Problem
Once the line with "agrees pixel_bgra8_unorm_srgb = (((λ" is found in the entries below, print it and each following line exactly, stopping after the line with "agrees pixel_rgba16_uint = (((λ"; print nothing else.

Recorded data
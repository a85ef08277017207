-- ===== src/Api/Persistence.antt =====
-- api/v1alpha1/util.go: the persistence settings in the redis configuration.
pub mod Settings
use cndb_redis.Base.{String, Option, none, some}
use cndb_redis.Base.Dict.{Dict, lookup, insert}

unfoldable pub unless_set : String → String → Dict String → Option String → Dict String
unless_set key value config none = insert key value config
unless_set key value config (some _) = config

unfoldable pub set_config_map_if_not_exist : String → String → Dict String → Dict String
unfolding unless_set
set_config_map_if_not_exist key value config = unless_set key value config (lookup key config)

unfoldable pub enable_persistence : Dict String → Dict String
enable_persistence config =
    let c1 = set_config_map_if_not_exist "appendonly" "yes" config in
    let c2 = set_config_map_if_not_exist "auto-aof-rewrite-min-size" "536870912" c1 in
    let c3 = set_config_map_if_not_exist "auto-aof-rewrite-percentage" "100" c2 in
    let c4 = set_config_map_if_not_exist "repl-backlog-size" "62914560" c3 in
    let c5 = set_config_map_if_not_exist "repl-diskless-sync" "yes" c4 in
    let c6 = set_config_map_if_not_exist "aof-load-truncated" "yes" c5 in
    let c7 = set_config_map_if_not_exist "stop-writes-on-bgsave-error" "no" c6 in
    set_config_map_if_not_exist "save" "900 1 300 10" c7

unfoldable pub disable_persistence : Dict String → Dict String
disable_persistence config = insert "save" "" (insert "appendonly" "no" config)
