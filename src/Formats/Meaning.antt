-- ===== src/Formats/Meaning.antt =====
-- The pixel formats against the numbers of the Vulkan specification and the sizes of their channels.
use gravity_gpu_project.Prelude.{
  ℕ, ◌+◌, ◌*◌, ◌≡◌, ◌≢◌, ◌⊎◌, ◌↔◌, refl, subst, ◌∙◌, ap, inl, inr, Bool, true, false, arith,
}
use gravity_gpu_project.Formats.Metal.{
  PixelFormat, pixel_format, pixel_invalid, pixel_a8_unorm, pixel_r8_unorm, pixel_r8_snorm,
  pixel_r8_uint, pixel_r16_uint, pixel_r16_float, pixel_rg8_unorm, pixel_rg8_snorm, pixel_r32_uint,
  pixel_r32_float, pixel_rg16_uint, pixel_rg16_float, pixel_rgba8_unorm, pixel_rgba8_unorm_srgb,
  pixel_rgba8_snorm, pixel_rgba8_uint, pixel_bgra8_unorm, pixel_bgra8_unorm_srgb,
  pixel_rgb10a2_unorm, pixel_rg32_uint, pixel_rg32_float, pixel_rgba16_uint, pixel_rgba16_float,
  pixel_rgba32_uint, pixel_rgba32_float, pixel_depth16_unorm, pixel_depth32_float, pixel_stencil8,
  pixel_depth24_stencil8, pixel_depth32_float_stencil8,
}
use gravity_gpu_project.Formats.Pixel.{metal_to_vk_pixel_format, pixel_format_bpp}
use gravity_gpu_project.Formats.Lookup.{pixel_lookup_cases, pixel_lookup_complete}

-- the number of the format of the same name in the Vulkan specification
abbrev pub specified : PixelFormat → ℕ
specified pixel_invalid = 0
specified pixel_a8_unorm = 1000470001
specified pixel_r8_unorm = 9
specified pixel_r8_snorm = 10
specified pixel_r8_uint = 13
specified pixel_r16_uint = 74
specified pixel_r16_float = 76
specified pixel_rg8_unorm = 16
specified pixel_rg8_snorm = 17
specified pixel_r32_uint = 98
specified pixel_r32_float = 100
specified pixel_rg16_uint = 81
specified pixel_rg16_float = 83
specified pixel_rgba8_unorm = 37
specified pixel_rgba8_unorm_srgb = 43
specified pixel_rgba8_snorm = 38
specified pixel_rgba8_uint = 41
specified pixel_bgra8_unorm = 44
specified pixel_bgra8_unorm_srgb = 50
specified pixel_rgb10a2_unorm = 64
specified pixel_rg32_uint = 101
specified pixel_rg32_float = 103
specified pixel_rgba16_uint = 95
specified pixel_rgba16_float = 97
specified pixel_rgba32_uint = 107
specified pixel_rgba32_float = 109
specified pixel_depth16_unorm = 124
specified pixel_depth32_float = 126
specified pixel_stencil8 = 127
specified pixel_depth24_stencil8 = 129
specified pixel_depth32_float_stencil8 = 130

-- the bits of all channels of a texel
abbrev pub texel_bits : PixelFormat → ℕ
texel_bits pixel_invalid = 0
texel_bits pixel_a8_unorm = 8
texel_bits pixel_r8_unorm = 8
texel_bits pixel_r8_snorm = 8
texel_bits pixel_r8_uint = 8
texel_bits pixel_r16_uint = 16
texel_bits pixel_r16_float = 16
texel_bits pixel_rg8_unorm = 2 * 8
texel_bits pixel_rg8_snorm = 2 * 8
texel_bits pixel_r32_uint = 32
texel_bits pixel_r32_float = 32
texel_bits pixel_rg16_uint = 2 * 16
texel_bits pixel_rg16_float = 2 * 16
texel_bits pixel_rgba8_unorm = 4 * 8
texel_bits pixel_rgba8_unorm_srgb = 4 * 8
texel_bits pixel_rgba8_snorm = 4 * 8
texel_bits pixel_rgba8_uint = 4 * 8
texel_bits pixel_bgra8_unorm = 4 * 8
texel_bits pixel_bgra8_unorm_srgb = 4 * 8
texel_bits pixel_rgb10a2_unorm = 3 * 10 + 2
texel_bits pixel_rg32_uint = 2 * 32
texel_bits pixel_rg32_float = 2 * 32
texel_bits pixel_rgba16_uint = 4 * 16
texel_bits pixel_rgba16_float = 4 * 16
texel_bits pixel_rgba32_uint = 4 * 32
texel_bits pixel_rgba32_float = 4 * 32
texel_bits pixel_depth16_unorm = 16
texel_bits pixel_depth32_float = 32
texel_bits pixel_stencil8 = 8
texel_bits pixel_depth24_stencil8 = 24 + 8
texel_bits pixel_depth32_float_stencil8 = 32 + 8

abbrev pub is_a8 : PixelFormat → Bool
is_a8 pixel_a8_unorm = true
is_a8 _ = false

abbrev pub Agrees : PixelFormat → Type 0
Agrees f =
    ((metal_to_vk_pixel_format (pixel_format f) ≡ specified f) ↔ (is_a8 f ≡ false))
    × (8 * pixel_format_bpp (pixel_format f) ≡ texel_bits f)

agrees : (f : PixelFormat) → Agrees f
unfolding metal_to_vk_pixel_format pixel_format_bpp
agrees pixel_invalid = (((λ e. refl), λ e. refl), refl)
agrees pixel_a8_unorm = (((λ e. absurd (omega (arith, e))), λ e. absurd (ground arith)), refl)
agrees pixel_r8_unorm = (((λ e. refl), λ e. refl), refl)
agrees pixel_r8_snorm = (((λ e. refl), λ e. refl), refl)
agrees pixel_r8_uint = (((λ e. refl), λ e. refl), refl)
agrees pixel_r16_uint = (((λ e. refl), λ e. refl), refl)
agrees pixel_r16_float = (((λ e. refl), λ e. refl), refl)
agrees pixel_rg8_unorm = (((λ e. refl), λ e. refl), refl)
agrees pixel_rg8_snorm = (((λ e. refl), λ e. refl), refl)
agrees pixel_r32_uint = (((λ e. refl), λ e. refl), refl)
agrees pixel_r32_float = (((λ e. refl), λ e. refl), refl)
agrees pixel_rg16_uint = (((λ e. refl), λ e. refl), refl)
agrees pixel_rg16_float = (((λ e. refl), λ e. refl), refl)
agrees pixel_rgba8_unorm = (((λ e. refl), λ e. refl), refl)
agrees pixel_rgba8_unorm_srgb = (((λ e. refl), λ e. refl), refl)
agrees pixel_rgba8_snorm = (((λ e. refl), λ e. refl), refl)
agrees pixel_rgba8_uint = (((λ e. refl), λ e. refl), refl)
agrees pixel_bgra8_unorm = (((λ e. refl), λ e. refl), refl)
agrees pixel_bgra8_unorm_srgb = (((λ e. refl), λ e. refl), refl)
agrees pixel_rgb10a2_unorm = (((λ e. refl), λ e. refl), refl)
agrees pixel_rg32_uint = (((λ e. refl), λ e. refl), refl)
agrees pixel_rg32_float = (((λ e. refl), λ e. refl), refl)
agrees pixel_rgba16_uint = (((λ e. refl), λ e. refl), refl)
agrees pixel_rgba16_float = (((λ e. refl), λ e. refl), refl)
agrees pixel_rgba32_uint = (((λ e. refl), λ e. refl), refl)
agrees pixel_rgba32_float = (((λ e. refl), λ e. refl), refl)
agrees pixel_depth16_unorm = (((λ e. refl), λ e. refl), refl)
agrees pixel_depth32_float = (((λ e. refl), λ e. refl), refl)
agrees pixel_stencil8 = (((λ e. refl), λ e. refl), refl)
agrees pixel_depth24_stencil8 = (((λ e. refl), λ e. refl), refl)
agrees pixel_depth32_float_stencil8 = (((λ e. refl), λ e. refl), refl)

-- For each number, either it is no format of the enumeration but perhaps the invalid one, and
-- both lookups of pixel formats find nothing, or it is a format: the bytes per pixel are then
-- those of its channels, and the Vulkan format is the one of the same name in the Vulkan
-- specification, except for A8Unorm, which gets another number.
pub pixel_formats_agree :
    (fmt : ℕ)
    → ((metal_to_vk_pixel_format fmt ≡ 0)
        × (pixel_format_bpp fmt ≡ 0)
        × ((f : PixelFormat) → f ≢ pixel_invalid → pixel_format f ≢ fmt))
      ⊎ ((f : PixelFormat) × (pixel_format f ≡ fmt)
          × ((metal_to_vk_pixel_format fmt ≡ specified f) ↔ (is_a8 f ≡ false))
          × (8 * pixel_format_bpp fmt ≡ texel_bits f))
pixel_formats_agree fmt = elim (pixel_lookup_cases fmt) [
  | inl (nothing, size) ↦ inl (
    nothing,
    size,
    λ f valid same. pixel_lookup_complete f valid (ap metal_to_vk_pixel_format same ∙ nothing),
  )
  | inr (f, same, _, _) ↦
      let (number, size) = agrees f in
      inr (
        f,
        same,
        subst (λ n. (metal_to_vk_pixel_format n ≡ specified f) ↔ (is_a8 f ≡ false)) same number,
        subst (λ n. 8 * pixel_format_bpp n ≡ texel_bits f) same size,
      )
]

Response area
agrees pixel_bgra8_unorm_srgb = (((λ e. refl), λ e. refl), refl)
agrees pixel_rgb10a2_unorm = (((λ e. refl), λ e. refl), refl)
agrees pixel_rg32_uint = (((λ e. refl), λ e. refl), refl)
agrees pixel_rg32_float = (((λ e. refl), λ e. refl), refl)
agrees pixel_rgba16_uint = (((λ e. refl), λ e. refl), refl)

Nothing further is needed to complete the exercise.